# Replacing Barrel On 30-06



## Totaloutdoorsman (Jun 3, 2019)

So I have a Remington 700 SPS with a lighter contour (factory) barrel. It’ll shoot 1”- 1.5” groups depending on ammo, but it gets hot fast and I wouldn’t mind having it shoot a little better. I was considering putting a good barrel on it to try and tighten up the groups and start dabbling in match barrels and building bolt guns. I don’t have a lot of experience rebarreling rifles. For the gunsmiths on here 1.) Is it worth putting a better barrel on a stock SPS action?, and 2.) For deer hunting what is the best contour to get as much accuracy out of the gun without having it get too heavy to carry a decent distance? Thanks in advance for the advice.


----------



## rayjay (Jun 4, 2019)

Have you glass bedded the action ? Checked for the bbl to be free floating ? What do you have the trigger set to ?  What kind of rest set up are you using ?  What power scope ? Is the scope mount tight ?  How close to the lands are you ?  Have you tried match bullets of varying wgts ?  Tried different powders ? ETC ETC ETC.

Just throwing an awesome bbl on a poorly set up rifle isn't going to make it shoot great. You need to have the skills outlined above before throwing money away on a custom bbl that is unnecessary for what you are doing with the rifle. 

Deer rifles don't really make good target rifles and good target rifles don't make good deer rifles. You can use either rifle for either activity but you will be making compromises that will affect the results.

IMO, you should buy a target rifle and leave your deer rifle's action and bbl alone. Bed it, work on the trigger, etc to gain some new skills but any rebarrelling would be for the target rifle after you have exhausted all the performance improvements outlined in paragraph one. 

My bonifieds are in the pic


----------



## nmurph (Jun 4, 2019)

Timney trigger first. Glass bed second. 

As mentioned above,  if you want to shoot paper, then invest in a separate gun for that endeavor.


----------



## Jester896 (Jun 4, 2019)

rayjay said:


> Deer rifles don't really make good target rifles and good target rifles don't make good deer rifles. You can use either rifle for either activity but you will be making compromises that will affect the results.


^^^^
Strong truth right there



nmurph said:


> Timney trigger first. Glass bed second.

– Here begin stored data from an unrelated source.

-- ===== src/Honeypot/Filesystem.antt =====
-- internal/honeypot/filesystem.go: the file system that the honeypot shows.
pub mod Paths
use phantom_grid.Prelude.{
  ℕ, ◌+◌, Bool, true, false, ◌||◌, Option, none, some, List, [], ◌∷◌, ◌++◌, String, if◌then◌else◌,
  is_empty, length, map,
}
use phantom_grid.Prelude.Bytes.{Bytes, codes, bytes_eq, has_prefix, contains, trim_space, decimal}
use phantom_grid.Prelude.Table.{Table, lookup, insert}
use phantom_grid.Honeypot.Text.{glue}
use phantom_grid.Honeypot.Contents.{init_files}

pub record VirtualFileSystem : Type 0 where
  pub files : Table Bytes
  pub dirs : Table (List Bytes)

abbrev entry : String → List String → Bytes × List Bytes
entry name names = (codes name, map codes names)

-- The directories that init makes; no key stands twice, so the order is of no account.
abbrev pub init_dirs : Table (List Bytes)
init_dirs =
    entry "/" ("root" ∷ "home" ∷ "etc" ∷ "var" ∷ "tmp" ∷ "usr" ∷ "opt" ∷ "boot" ∷ [])
    ∷ entry "/root"
        (".bashrc" ∷ ".bash_history" ∷ ".ssh" ∷ "backup.tar.gz" ∷ "config.txt" ∷ "logs" ∷ [])
    ∷ entry "/home" ("user" ∷ "admin" ∷ "www" ∷ [])
    ∷ entry "/etc" ("passwd" ∷ "shadow" ∷ "hosts" ∷ "nginx" ∷ "apache2" ∷ "mysql" ∷ [])
    ∷ entry "/var" ("log" ∷ "www" ∷ "backup" ∷ "tmp" ∷ [])
    ∷ entry "/var/log" ("auth.log" ∷ "syslog" ∷ "nginx" ∷ "apache2" ∷ [])
    ∷ entry "/var/www" ("html" ∷ "uploads" ∷ "config.php" ∷ [])
    ∷ entry "/tmp" ("session.tmp" ∷ "cache.tmp" ∷ [])
    ∷ []

unfoldable pub new_virtual_file_system : VirtualFileSystem
new_virtual_file_system = record { files = init_files; dirs = init_dirs }

unfoldable pub normalize_path : Bytes → Bytes
normalize_path path =
    let trimmed = trim_space path in
    if is_empty trimmed || bytes_eq trimmed (codes ".")
    then codes "/root"
    else if has_prefix trimmed (codes "/")
    then trimmed
    else codes "/root/" ++ trimmed

-- The line of ListFiles for a name.
unfoldable pub listing_line : Bytes → Bytes
listing_line file =
    if has_prefix file (codes ".")
    then glue (codes "-rw-r--r-- 1 root root  1024 Dec 15 10:23 " ∷ file ∷ codes "\r\n" ∷ [])
    else if contains file (codes ".")
    then glue (codes "-rw-r--r-- 1 root root  2048 Dec 15 10:23 " ∷ file ∷ codes "\r\n" ∷ [])
    else glue (codes "drwxr-xr-x 2 root root  4096 Dec 15 10:23 " ∷ file ∷ codes "\r\n" ∷ [])

-- What ListFiles and FileExists do with a normalized path.
unfoldable pub list_at : VirtualFileSystem → Bytes → Bytes
list_at vfs path = elim (lookup path vfs.dirs) [
  | some files ↦
      glue (codes "total " ∷ decimal (length files) ∷ codes "\r\n" ∷ map listing_line files)
  | none ↦ glue (codes "ls: cannot access '" ∷ path ∷ codes "': No such file or directory\r\n" ∷ [])
]

unfoldable pub exists_at : VirtualFileSystem → Bytes → Bool
exists_at vfs path = elim (lookup path vfs.files) [
  | some content ↦ true
  | none ↦ elim (lookup path vfs.dirs) [ none ↦ false | some names ↦ true ]
]

unfoldable pub list_files : VirtualFileSystem → Bytes → Bytes
list_files vfs path = list_at vfs (normalize_path path)

unfoldable pub read_file : VirtualFileSystem → Bytes → Option Bytes
read_file vfs path = lookup (normalize_path path) vfs.files

unfoldable pub file_exists : VirtualFileSystem → Bytes → Bool
file_exists vfs path = exists_at vfs (normalize_path path)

Surely both of those could be done at the same time 

SPS stock are not very rigid.  Changing to something a little better may even help.  Add those other 2 suggestions and it...may shoot better than one would think.


----------



## Clemson (Jun 4, 2019)

To answer your questions, a good aftermarket barrel will generally outshoot a factory barrel.  A #3 contour barrel is about the heaviest contour that I would recommend for a hunting rifle.

Bill Jacobs


----------



## rayjay (Jun 4, 2019)

Jester896 said:


> SPS stock are not very rigid.  Changing to something a little better may even help.  Add those other 2 suggestions and it...may shoot better than one would think.



My go to stock for a 700 target rifle is a 40X stock. 40X rimfire or centerfire stock will do. The ones I get are usually fairly beat up but will clean up ok. Lots of work to fit the bolt handle, thicker lug, clean up the bedding surface, cut off the bbl tuners if it is a rf stock. Boiled linseed oil is super easy and looks good. The stock below only has the first coat. On the rifle in the pic the money saved on the stock went into the bbl, Jewel trigger, Kelbly rings and Weaver T36 [ imo target rifles get target scopes ]. This stock has an interesting 'blonde' area on the top from the buttpad to the forend.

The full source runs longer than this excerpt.